If the world had a front porch
Like we did back then
We'd still have our problems,
but we'd all be friends
Treatin' your neighbor like he's your next of kin
Wouldn't be gone with the wind
If the world had a front porch
Like we did back then

This song amuses me, because in Zambia it seems like everyone is next of kin.  Large families and marriages that stay within the community mean everybody is related.  On a serious note, though I like the notion of a front porch, a gathering place for reflection, relaxation, and community.  But it's not really about the porch.  It's about taking the time to sit and be together.  Shelling groundnuts (peanuts) is a common activity this time a year, and it's a lovely one.  In the U.S., if I want peanuts, I buy a pack of Planter's.  Here, they come from the field, and there's something very familial about gathering around a basket and shelling groundnuts together.  (For one, you can't eat a pound at a time, because it takes a while to shell them.)  The world can't get a front porch, or little stools in a shared courtyard, or whatever.  But all people, in their little family units, their little communities, can.  We can all take the time to be together.  And at the core, our lives aren't all that different.  After all, isn't a lot of our life eating, going through daily routines, trying to support our selves and family, and trying to be the best people we can be (whether that be in pursuit of a heavenly afterlife or not)?  The details change, but seems that these are some of the common threads that fill our days, at least where I come from.  All the places I come from.

25 August 2012

The following is a journal entry.  While I generally know when I'm writing in my journal whether it's intended to be a personal entry or whether I'll edit and type it later as a blog post, I'm terribly behind on writing 'posts,' and I thought perhaps this would be, at least, a little glimpse into my daily life and thoughts, however banal they may be.  I've included a few notes for clarification.

It's been a lazy Saturday.  Not to say I've done nothing; I woke unbidden around 7:30.  Swept out the house, fixed a flat on the bike and cleaned it with a dry brush a bit, washed some clothes, went to Munada [our monthly traveling-market day] with Kapula and Dina, where I met some German travellers (who I think were some kind of volunteers in Ghana at some point), made banana bread, roasted groundnuts, hung out with the family some over lunch, read most of the newspaper filler that was in the box Beth's friends sent her.  Bathed, soaked my feet, painted my toenails blue to get  me out of my comfort zone.  (Also, they've been deep red for the past month and my two pink options are, I believe, in my makeup bag at the provincial office in Kasama.)  The girls were over (Kapula, Dina, Sarah, and Precious) and did some watercolor painting, nail painting, storybook-tamba'ing (note: ukutamba means to look at; I mix Mambwe and English frequently, even making verb creations through partial conjugations from both languages.)  Oh!  I finally finished my little ABC game too and they tried it out.  I'd planned to mark the Maths mock exams today, but Mr. M. finished them.
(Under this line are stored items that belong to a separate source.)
-- ===== src/Workflow/Transition/Cases.antt =====
-- `apply_modification_transition` of features/project_map/store.py that returns, taken apart into
-- its steps.
use mathlib.Core.Logic.{if_pos, if_neg}
use bridle.Prelude.{
  sym, ℕ, ◌+◌, String, true, ◌≡◌, refl, Option, none, some, List, [], ◌≢◌, ◌∷◌, ◌++◌, update_where,
  select_one-append, ◌&&◌, ◌==◌, contains, arith, option_eq, string_eq, select_one, is_none, ◌||◌,
  nat_eq, if◌then◌else◌,
}
use bridle.Prelude.Json.{Fields}
use bridle.Errors.{ok, ok-injective, >>=-eq-ok, require-eq-ok}
use bridle.Workflow.Machine.{ModificationState, ModificationEvent, state_eq}
use bridle.Workflow.Store.{Workflow, EventRow, Store, get_modification_workflow}
use bridle.Workflow.Transition.{
  Transition, ContractStep, contract_step, write_workflow, current_revision,
  current_contract_version, state_of, commit_transition, advance, is_same_transition,
  reuse_or_advance, apply_modification_transition, replayed,
}

module _ (node_id : String) (event : ModificationEvent) (event_id : String)
    (allowed_from : List (Option ModificationState)) (to_state : ModificationState)
    (expected_revision : Option ℕ) (payload : Fields) (s : Store) where
  -- What a new event did: the tests that passed and the values of the steps between them.
  pub record Advanced (r : Store × Transition) : Type 0 where
    pub step : ContractStep
    pub workflows : List Workflow
    pub expected :
        (is_none expected_revision
          || expected_revision == some (current_revision (get_modification_workflow node_id s)))
        ≡ true
    pub permitted : contains allowed_from (state_of (get_modification_workflow node_id s)) ≡ true
    pub stepped :
        contract_step node_id event
          (current_contract_version (get_modification_workflow node_id s))
          payload
          s
        ≡ ok step
    pub written :
        write_workflow
          (record {
            node_id = node_id;
            state = to_state;
            revision = current_revision (get_modification_workflow node_id s) + 1;
            test_contract_version = step.version;
          })
          (get_modification_workflow node_id s)
          s.workflows
        ≡ ok workflows
    pub committed :
        r
        ≡ commit_transition node_id event event_id to_state
            (get_modification_workflow node_id s)
            step
            workflows
            s

  pub advance-Advanced :
      (r : Store × Transition)
      → advance node_id event event_id allowed_from to_state expected_revision payload s ≡ ok r
      → Advanced r
  unfolding advance
  advance-Advanced r h =
      let (e, h₁) = require-eq-ok _ _ _ h in
      let (p, h₂) = require-eq-ok _ _ _ h₁ in
      let (step, q, h₃) =
        >>=-eq-ok
          (contract_step node_id event
            (current_contract_version (get_modification_workflow node_id s)) payload s)
          _ h₂ in
      let (ws, w, h₄) =
        >>=-eq-ok (write_workflow _ (get_modification_workflow node_id s) s.workflows) _ h₃ in
      record {
        step = step;
        workflows = ws;
        expected = e;
        permitted = p;
        stepped = q;
        written = w;
        committed = ok-injective _ _ (sym h₄);
      }

  -- What a transition that returns has done: it answered from the trail, or it advanced.
  pub data Outcome (r : Store × Transition) : Type 0 where
    reused :
        (e : EventRow)
        → select_one (λ x. x.event_id == event_id) s.events ≡ some e
        → is_same_transition node_id event to_state e ≡ true
        → r ≡ (s, replayed node_id e)
        → Outcome r
    advanced : select_one (λ x. x.event_id == event_id) s.events ≡ none → Advanced r → Outcome r

  by_event :
      (o : Option EventRow) (r : Store × Transition)
      → select_one (λ x. x.event_id == event_id) s.events ≡ o
      → reuse_or_advance node_id event event_id allowed_from to_state expected_revision payload o s
        ≡ ok r
      → Outcome r
  unfolding reuse_or_advance
  by_event none r new h = advanced new (advance-Advanced r h)
  by_event (some e) r old h =
      let (same, h') = require-eq-ok (is_same_transition node_id event to_state e) _ _ h in
      reused e old same (sym (ok-injective _ _ h'))

  pub transition-Outcome :
      (r : Store × Transition)
      → apply_modification_transition node_id event event_id allowed_from to_state expected_revision
          payload s
        ≡ ok r
      → Outcome r
  unfolding apply_modification_transition
  transition-Outcome r h = by_event (select_one (λ x. x.event_id == event_id) s.events) r refl h

-- After the write a node has the new row, if it is the row's node, and its old row otherwise.
abbrev pub row_of : List Workflow → String → Option Workflow
row_of ws j = select_one (λ w. w.node_id == j) ws

at_own :
    (ws : List Workflow) (i j : String) (o : Option Workflow)
    → i ≡ j
    → row_of ws i ≡ o
    → row_of ws j ≡ o
at_own ws i j o p h = rw (← p) h

insert-row_of :
    (new : Workflow) (ws : List Workflow) (j : String)
    → row_of ws new.node_id ≡ none
    → row_of (ws ++ new ∷ []) j ≡ (if new.node_id == j then some new else row_of ws j)
insert-row_of new ws j absent =
    ground (arith, select_one-append (λ w. w.node_id == j) ws new, at_own ws new.node_id j none)

abbrev overwrite : Workflow → ℕ → List Workflow → List Workflow
overwrite new revision =
    update_where (λ r. r.node_id == new.node_id && r.revision == revision) (λ _. new)

overwrite-row_of_ne :
    (new : Workflow) (k : ℕ) (ws : List Workflow) (j : String)
    → new.node_id ≢ j
    → row_of (overwrite new k ws) j ≡ row_of ws j
unfolding select_one update_where
overwrite-row_of_ne new k [] j other = refl
overwrite-row_of_ne new k (r ∷ ws) j other = ground (arith, overwrite-row_of_ne new k ws j)

overwrite-row_of_self :
    (new w : Workflow) (ws : List Workflow)
    → row_of ws new.node_id ≡ some w
    → row_of (overwrite new w.revision ws) new.node_id ≡ some new
unfolding select_one update_where
overwrite-row_of_self new w [] h = ground arith
overwrite-row_of_self new w (r ∷ ws) h = ground (arith, overwrite-row_of_self new w ws)

pub row_of-write_workflow :
    (new : Workflow) (old : Option Workflow) (ws ws' : List Workflow) (j : String)
    → row_of ws new.node_id ≡ old
    → write_workflow new old ws ≡ ok ws'
    → row_of ws' j ≡ (if new.node_id == j then some new else row_of ws j)
unfolding write_workflow
row_of-write_workflow new none ws ws' j absent h =
    rw (← ok-injective (ws ++ new ∷ []) ws' h) (insert-row_of new ws j absent)
row_of-write_workflow new (some w) ws ws' j present h =
    let e = ok-injective (overwrite new w.revision ws) ws' (require-eq-ok _ _ _ h).1 in
    rw (← e) (elim (string_eq.dec new.node_id j) [
      | yes p ↦ rw (if_pos _ p) (
          at_own (overwrite new w.revision ws) new.node_id j (some new) p
            (overwrite-row_of_self new w ws present))
      | no n ↦ rw (if_neg _ n) (overwrite-row_of_ne new w.revision ws j n)
    ])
There's no boredom.  Always something to do.  I'm still trying to find a sense of peace, of picking one thing and doing it and not worrying about the 20 other things on my list.  Being in the moment.  Not worrying about what's expected of me or what I should be doing.  Trying to ask myself, "What, exactly, do I want to do, right now?"  Luckily for me, chores like laundry and tap'ing manzi (there I go with another mixed verb conjugation; ukutapa amanzi means to draw water) do fit in there, or I'd be hungry and dirty a lot.  But even as I write this, my mind wanders to the 2 books I'm reading.  Letters to write.  The screen adaptation of Nine Hills to Nambonkaha that's sat untouched for over a year.  Paintings to make.  The bit of sewing that remains on the third cushion cover.  Prep for the term--I've done so little~!  And rebuilding the ulusasa (bathing shelter), and thatching repair, and concrete, all things I want to look into--if not finish--within the next 3 weeks.

But a lazy day is OK.  Quieting my mind is good.  Racing thoughts fill mental space but actual do...not much.  It's been a good day, a peaceful one, and the fire should be going again so I can put on water for tea and for the flask (thermos) as the last remnants of light slip away.